Massachusetts Medical Society: MMS Statement Regarding America’s Health Care System

MMS Statement Regarding America’s Health Care System

Henry L. Dorkin, MD, FAAP, President of the Massachusetts Medical Society, released the following statement:

“It is now clear that health care for our nation is in dire jeopardy.

“Every attempt at repeal of the Affordable Care Act this year would have replaced the law with a system that would have stripped health care coverage from millions of Americans, increased overall health care costs, and left many of our most vulnerable neighbors, friends, and family members at increased risk of becoming sicker. The goal of any health care legislation should be to improve the health and well-being of our neighbors – not to harm them through ill-conceived, impetuous action.

“With attempts at repeal ultimately proving unsuccessful, the Administration has instead turned its attention to actions that will dismantle and derail the systems and the protections afforded by the ACA. This puts at risk the tens of millions of Americans who currently have health care coverage through the ACA exchanges or through Medicaid expansion. It also impacts those Americans with other sources of insurance coverage, because when part of our health care system is torn apart, the rest of the system feels the effects.

“Despite the countless lives that are dependent upon the ACA, the Administration is clearly doing everything that it can to undermine this health care law. This is the wrong approach.

“The recent announcement regarding the end of cost-sharing reduction (CSR) subsidies to insurers is a signal that the Administration will do what it takes to make the infrastructure of the ACA crumble, regardless of any vote in Congress. Ending CSR subsidies would disproportionately impact the working-class families who rely on the subsidies to afford their needed health care coverage, and it will throw the system on which all of us depend – a system that took years to build – into upheaval. Perhaps it is no coincidence that this announcement came on the heels of an executive order allowing alternative, low-quality health plans with fewer benefits and less government protections.

“That’s not all. The Administration, through an act of rule-making from the Department of Health and Human Services (HHS), is working to make it easier for employers to refuse to cover essential provisions of women’s health care – critical health care services that should not be singled out as less worthy than other services. In addition, HHS has undermined the ACA’s annual open enrollment period; we can expect that this will cause many of our patients to inadvertently miss their opportunity to sign up for coverage in 2018, leaving them without any health insurance at all. This would be tragic and unacceptable.

“We are returning to the days of uninsured patients unable to access care until it is too late. This has the dual result of overloading our emergency rooms with patients late in the course of disease, sometimes beyond the point where they can survive, and moreover at a considerable increase in total health care costs. If our Federal government is truly the steward for our society, this new action fails the people.

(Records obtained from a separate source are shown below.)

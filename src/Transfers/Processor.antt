-- ===== src/Transfers/Processor.antt =====
-- src/batch_transfer_processor.rs: a batch of amounts is added up under a lock.
use mathlib.Core.Option
use conduit_contracts.Base.{
  ℕ, Bool, true, false, Option, some, none, List, [], ◌∷◌, ltb, if◌then◌else◌, length,
  checked_add_u64,
}

pub data Error : Type 0 where
  processor_locked calculation_overflow batch_too_large : Error

pub data Answer : Type 0 where
  ok : ℕ → Answer
  err : Error → Answer

-- Instance storage: the entry `B_Lock`, `none` if it was never set. Here it is kept on an error too,
-- to see what the code itself does with it.
pub record Store : Type 0 where
  pub lock : Option Bool

abbrev pub max_amounts : ℕ
max_amounts = 100

-- `for amount in amounts.iter()`; `none` is the early return.
unfoldable pub add_all : List ℕ → ℕ → Option ℕ
add_all [] total = some total
add_all (amount ∷ amounts) total = elim (checked_add_u64 total amount) [
  | none ↦ none
  | some new_total ↦ add_all amounts new_total
]

abbrev pub is_locked : Store → Bool
is_locked s = Option.get_or s.lock false

abbrev pub set_lock : Bool → Store → Store
set_lock flag s = record s { lock = some flag }

unfoldable pub process_batch : List ℕ → Store → Answer × Store
process_batch amounts s =
    if is_locked s
    then (err processor_locked, s)
    else (let locked = set_lock true s in
        if ltb max_amounts (length amounts)
        then (err batch_too_large, set_lock false locked)
        else elim (add_all amounts 0) [
          | none ↦ (err calculation_overflow, set_lock false locked)
          | some total ↦ (ok total, set_lock false locked)
        ])

-- What the host keeps: the storage of a call that returned an error is rolled back.
unfoldable pub process : List ℕ → Store → Answer × Store
unfolding process_batch
process amounts s =
    let (answer, s') = process_batch amounts s in
    elim answer [ ok total ↦ (ok total, s') | err e ↦ (err e, s) ]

“At the same time that Congress and the Administration have taken actions that are detrimental to the interests of the patients for whom we, as physicians, provide care, they have overlooked opportunities to continue programs that expand access and control costs.

“The Children’s Health Insurance Program, which provides funding for more than 180,000 children in Massachusetts to receive reliable health coverage, expired on September 30. On the same day, funding for American’s community health centers – essential safety nets that provide care for millions of Americans, including nearly one million patients in the Commonwealth – also expired without reauthorization.

“The damage done to our patients is inexcusable and, quite honestly, goes against the tenets of the Hippocratic oath we all took. As a physician, I and my colleagues have dedicated our lives and careers to children and adolescents with chronic and critical respiratory conditions. I knew a time in which adulthood was out of reach for these children, and I know that with needed treatment and care, this is no longer the case.  We cannot go back.

“Let’s be clear: This is an attack on the very foundation of access to health care for everyone in this country. We will all, regardless of where we get our health coverage, potentially face a dramatic increase in costs, reduction in the sufficiency of coverage, and for too many, complete loss of access to insurance and care. Without question, it is the vulnerable among us who will suffer the most.

“I, and my fellow members of the Massachusetts Medical Society, will continue to fight for the life-saving access to care that all of our patients need. They deserve better and we are determined to get it for them.”